The woman shuddered. Somewhere in that miserable night was her husband. She did not know where. Peering through the streaming window, she could discern a lonely light far down the road—but that was all; no sign of her husband.

It was almost midnight. He should have been home hours ago. But—well, it wouldn't help to worry about Timothy Cruze. Most probably he was in the village, as usual, wasting his time with the shiftless crowd at the store.

A sneer twisted the woman's mouth as she walked back to the bed. She looked about the room—a pauper's room furnished with a few broken chairs; a table which groaned with every weight placed upon it; an old-fashioned closet which might have retained a semblance of dignity, had it been standing on four legs instead of three.

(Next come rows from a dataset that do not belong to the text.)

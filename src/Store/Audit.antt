-- ===== src/Store/Audit.antt =====
-- The audit log (backend/internal/store/store.go). Its counters are kept beside the database.
-- A text is the list of its runes; `trim_space` is strings.TrimSpace.
pub mod Pruning
pub mod Listing
use Prim.Native.Nat.{◌%◌}
use file_transit_desk.Prelude.{
  ℕ, suc, ◌+◌, ◌-◌, String, Bool, true, false, not, ◌||◌, Option, none, some, List, [], ◌∷◌, ltb,
  eqb, select, length, take, drop, first, if◌then◌else◌,
}
use file_transit_desk.Store.Exec.{
  Result, ok, err, World, Exec, pure, statement, transaction, ◌>>=◌, audit_maintenance,
}
use file_transit_desk.Store.Rows.{AuditLog, Db, delete_where}

pub record AuditPolicy : Type 0 where
  pub retain : ℕ
  pub prune_every : ℕ
  pub write_count : ℕ

-- A negative number is 0 here: `retain` is tested for `<= 0`, the other is set to 0.
unfoldable pub set_audit_policy : ℕ → ℕ → AuditPolicy
set_audit_policy retain prune_every_writes = record {
  retain = retain;
  prune_every = prune_every_writes;
  write_count = 0;
}

abbrev pub is_printable : ℕ → Bool
is_printable r = not (ltb r 32 || eqb r 127)

abbrev pub max_runes : ℕ
max_runes = 500

module _ {ℓ} {A : Type ℓ} where
  abbrev pub head : List A → Option A
  head [] = none
  head (x ∷ xs) = some x

unfoldable pub append_rune : List ℕ → ℕ → List ℕ
append_rune [] r = r ∷ []
append_rune (x ∷ xs) r = x ∷ append_rune xs r

-- The rows with an id from the row that is the last to stay on.
unfoldable pub delete_older : Option AuditLog → Exec Db (Unit {0})
delete_older none = pure tt
delete_older (some threshold) = statement (λ db.
    (ok tt, record db { audit_logs = delete_where (λ l. ltb l.id threshold.id) db.audit_logs }))

-- ORDER BY id DESC LIMIT 1 OFFSET retain - 1. The rows stand newest first in `db.audit_logs`.
unfoldable pub prune_audit : ℕ → Exec Db (Unit {0})
unfolding delete_older
prune_audit retain =
    if eqb retain 0
    then pure tt
    else transaction (do
      threshold ← statement (λ db. (ok (head (drop (retain - 1) db.audit_logs)), db))
      delete_older threshold)

-- The counter wraps as a uint64.
abbrev pub count_write : AuditPolicy → AuditPolicy
count_write p = record p { write_count = (p.write_count + 1) % 18446744073709551616 }

unfoldable pub audit_maintenance_after_commit :
    AuditPolicy → World Db → Result (Unit {0}) × World Db × AuditPolicy
unfolding prune_audit
audit_maintenance_after_commit p w =
    let p' : AuditPolicy = count_write p in
    if eqb p.prune_every 0
    then (ok tt, w, p)
    else if not (eqb (p'.write_count % p.prune_every) 0)
    then (ok tt, w, p')
    else (let (r, w') = prune_audit p.retain w in (r, w', p'))

abbrev pub wrap_error : Result (Unit {0}) → Result (Unit {0})
wrap_error (ok v) = ok v
wrap_error (err e) = err audit_maintenance

abbrev pub new_log : String → String → List ℕ → ℕ → ℕ → AuditLog
new_log action ip detail now id = record {
  id = id;
  action = action;
  ip = ip;
  detail = detail;
  created_at = now;
}

unfoldable pub after_insert :
    AuditPolicy → Result (Unit {0}) × World Db → Result (Unit {0}) × World Db × AuditPolicy
unfolding audit_maintenance_after_commit
after_insert p (err e, w) = (err e, w, p)
after_insert p (ok v, w) =
    let (r, w', p') = audit_maintenance_after_commit p w in (wrap_error r, w', p')

module _ (trim_space : List ℕ → List ℕ) where
  unfoldable pub sanitize_audit_detail : List ℕ → List ℕ
  unfolding append_rune
  sanitize_audit_detail detail =
      let runes = trim_space (select is_printable detail) in
      if ltb max_runes (length runes) then append_rune (take max_runes runes) 8230 else runes

  unfoldable pub insert_audit : String → String → List ℕ → ℕ → Exec Db (Unit {0})
  unfolding sanitize_audit_detail
  insert_audit action ip detail now = statement (λ db. (
    ok tt,
    record db {
      audit_logs =
          new_log action ip (sanitize_audit_detail detail) now db.next_audit ∷ db.audit_logs;
      next_audit = suc db.next_audit;
    },
  ))

  -- The event is committed by its own statement, before the maintenance.
  unfoldable pub audit :
      AuditPolicy
      → String
      → String
      → List ℕ
      → ℕ
      → World Db
      → Result (Unit {0}) × World Db × AuditPolicy
  unfolding insert_audit after_insert
  audit p action ip detail now w = after_insert p (insert_audit action ip detail now w)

And now, to make the poverty of the home even more keenly felt, two beds had been brought into the chamber.

Those beds had been on the upper floor through the summer; but now, with cold weather imminent, they had been carried down. It was foolish, Timothy explained, to heat two floors when the family could sleep downstairs. He had said "foolish." What he actually meant was "impossible." The Cruzes could not afford enough fuel for a whole house.

A peculiar little laugh escaped the woman as she viewed the dismal chamber, large and square. The glow of the lamp near her son's bed served but to accentuate the bleakness of the other corners.

Again she sat by the boy and stroked his forehead. She watched him writhe for a few moments, then said:

"You ought to have a doctor, Gil. Soon as Pop comes home we'll send for—"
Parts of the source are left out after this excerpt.